#### Task directions
Show every line of the data that includes the word "held".

[Saved entries]

═══

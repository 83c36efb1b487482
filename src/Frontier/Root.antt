-- ===== src/Frontier/Root.antt =====
-- Lemmas on `NonEmptyFrontier::root` of incrementalmerkletree/src/frontier.rs, on frontiers of a
-- sequence of leaves.
use native.Mathlib.Nat.{div-mul-le_self, lt-div-mul-add, div-eq_of_lt}
use incrementalmerkletree.Prelude.{
  ℕ, zero, suc, ◌+◌, ◌-◌, ◌*◌, ◌/◌, ◌%◌, ◌^◌, ◌<◌, ◌≡◌, refl, arith, some, List, ap, ◌∙◌, pow_pos,
  sym, drop, get_elem?-drop, drop-suc, foldl_option, inl, inr, fmap, ap₂, foldl, div_pow_suc,
  div_pow_zero, le→ltb,
}
use incrementalmerkletree.Level.{iter_to, Level}
use incrementalmerkletree.Position.{Position}
use incrementalmerkletree.Hashable.{Hashable, empty_root}
use incrementalmerkletree.Hashable.Node.{node, until, node-until_left, node-until_right}
use incrementalmerkletree.WitnessAddrs.Items.{
  path_items, items_odd, items_even, items_zero, witness_addrs_items,
}
use incrementalmerkletree.Frontier.{root_step, root}
use incrementalmerkletree.Frontier.Ommers.{
  ommers_at, frontier_at, ommers_odd, ommers_even, ommers_stable,
}
use incrementalmerkletree.Frontier.Append.{parity}

module _ {ℓ} {H : Type ℓ} ⦃h : Hashable H⦄ (f : ℕ → H) (p : ℕ) where
  -- The node above position `p` at level `l`.
  abbrev pub on_path : ℕ → H
  on_path l = node (until p f) l (p / 2 ^ l)

  half_path : (l : ℕ) → p / 2 ^ suc l ≡ p / 2 ^ l / 2
  half_path l = div_pow_suc p l

  -- One step up from a right child: the left sibling is full.
  pub step_right :
      (l : ℕ)
      → p / 2 ^ l % 2 ≡ 1
      → h.combine l (node f l (p / 2 ^ l - 1)) (on_path l) ≡ on_path (suc l)
  step_right l odd =
      let left : 2 * (p / 2 ^ suc l) ≡ p / 2 ^ l - 1 = omega (arith, half_path l) in
      let right : 2 * (p / 2 ^ suc l) + 1 ≡ p / 2 ^ l = omega (arith, half_path l) in
      let whole : p / 2 ^ l - 1 + 1 ≡ p / 2 ^ l = omega arith in
      ap₂ (h.combine l)
        (sym (
            node-until_left p f l (p / 2 ^ l - 1)
              (rw whole (omega (arith, div-mul-le_self p (2 ^ l)))))
          ∙ ap (node (until p f) l) (sym left))
        (ap (node (until p f) l) (sym right))

  -- One step up from a left child: the right sibling is empty.
  pub step_left :
      (l : ℕ) → p / 2 ^ l % 2 ≡ 0 → h.combine l (on_path l) (empty_root l) ≡ on_path (suc l)
  step_left l even =
      let left : 2 * (p / 2 ^ suc l) ≡ p / 2 ^ l = omega (arith, half_path l) in
      let right : 2 * (p / 2 ^ suc l) + 1 ≡ p / 2 ^ l + 1 = omega (arith, half_path l) in
      ap₂ (h.combine l) (ap (node (until p f) l) (sym left)) (
        sym (
          node-until_right p f l (p / 2 ^ l + 1)
            (omega (arith, lt-div-mul-add {a = p} {b = 2 ^ l} (pow_pos l))))
        ∙ ap (node (until p f) l) (sym right))

  -- Where the digest completes level `l` already, no empty roots are folded in between.
  no_fill : (l : ℕ) (d : H) → foldl (λ d l. h.combine l d (empty_root l)) d (iter_to l l) ≡ d
  unfolding iter_to
  no_fill l d = let z : l - l ≡ 0 = omega arith in rw z refl

  loop_root :
      (os : List H) (n l c : ℕ)
      → l + n < 256
      → drop c os ≡ ommers_at f n l (p / 2 ^ l)
      → fmap (λ s. s.0) (foldl_option (root_step os) (on_path l, l) (path_items n l (p / 2 ^ l) c))
        ≡ some (on_path (l + n))
  unfolding root_step
  loop_root os zero l c room e = let z : l + 0 ≡ l = omega arith in rw (z, items_zero) refl
  loop_root os (suc n) l c room e =
      let q = p / 2 ^ l in
      let up : (l + 1) % 2 ^ 8 ≡ suc l = omega arith in
      let later : l + suc n ≡ suc l + n = omega arith in
      elim (parity q) [
        | inl odd ↦
            let e' = e ∙ ommers_odd f n l q odd in
            rw
              (
                items_odd n l q c odd,
                no_fill l (on_path l),
                get_elem?-drop c os e',
                step_right l odd,
                up,
                ← half_path l,
                later,
              )
              (loop_root os n (suc l) (suc c) (omega arith) (rw half_path (drop-suc c os e')))
        | inr even ↦
            rw
              (
                items_even n l q c even,
                no_fill l (on_path l),
                step_left l even,
                up,
                ← half_path l,
                later,
              )
              (loop_root os n (suc l) c (omega arith) (rw half_path (e ∙ ommers_even f n l q even)))
      ]

module _ {ℓ} {H : Type ℓ} ⦃h : Hashable H⦄ (f : ℕ → H) (p : Position) (fits : p < 2 ^ 64) where
  -- The root of a frontier, at any level that holds its leaves.
  pub root-frontier_at :
      (k : Level)
      → p < 2 ^ k
      → k < 256
      → root (frontier_at f p) (some k) ≡ some (node (until p f) k 0)
  unfolding root
  root-frontier_at k held top =
      let whole : 0 + k ≡ k = omega arith in
      rw (witness_addrs_items p k top) (
        rw (div_pow_zero p, le→ltb p p (omega arith), whole, div-eq_of_lt held) at
          (loop_root f p (ommers_at f 64 0 p) k 0 0 (omega arith)
            (rw (div_pow_zero p) (ommers_stable f 64 k 0 p fits held))))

═══

#### Exercise solution
  root-frontier_at k held top =
        rw (div_pow_zero p, le→ltb p p (omega arith), whole, div-eq_of_lt held) at
            (rw (div_pow_zero p) (ommers_stable f 64 k 0 p fits held))))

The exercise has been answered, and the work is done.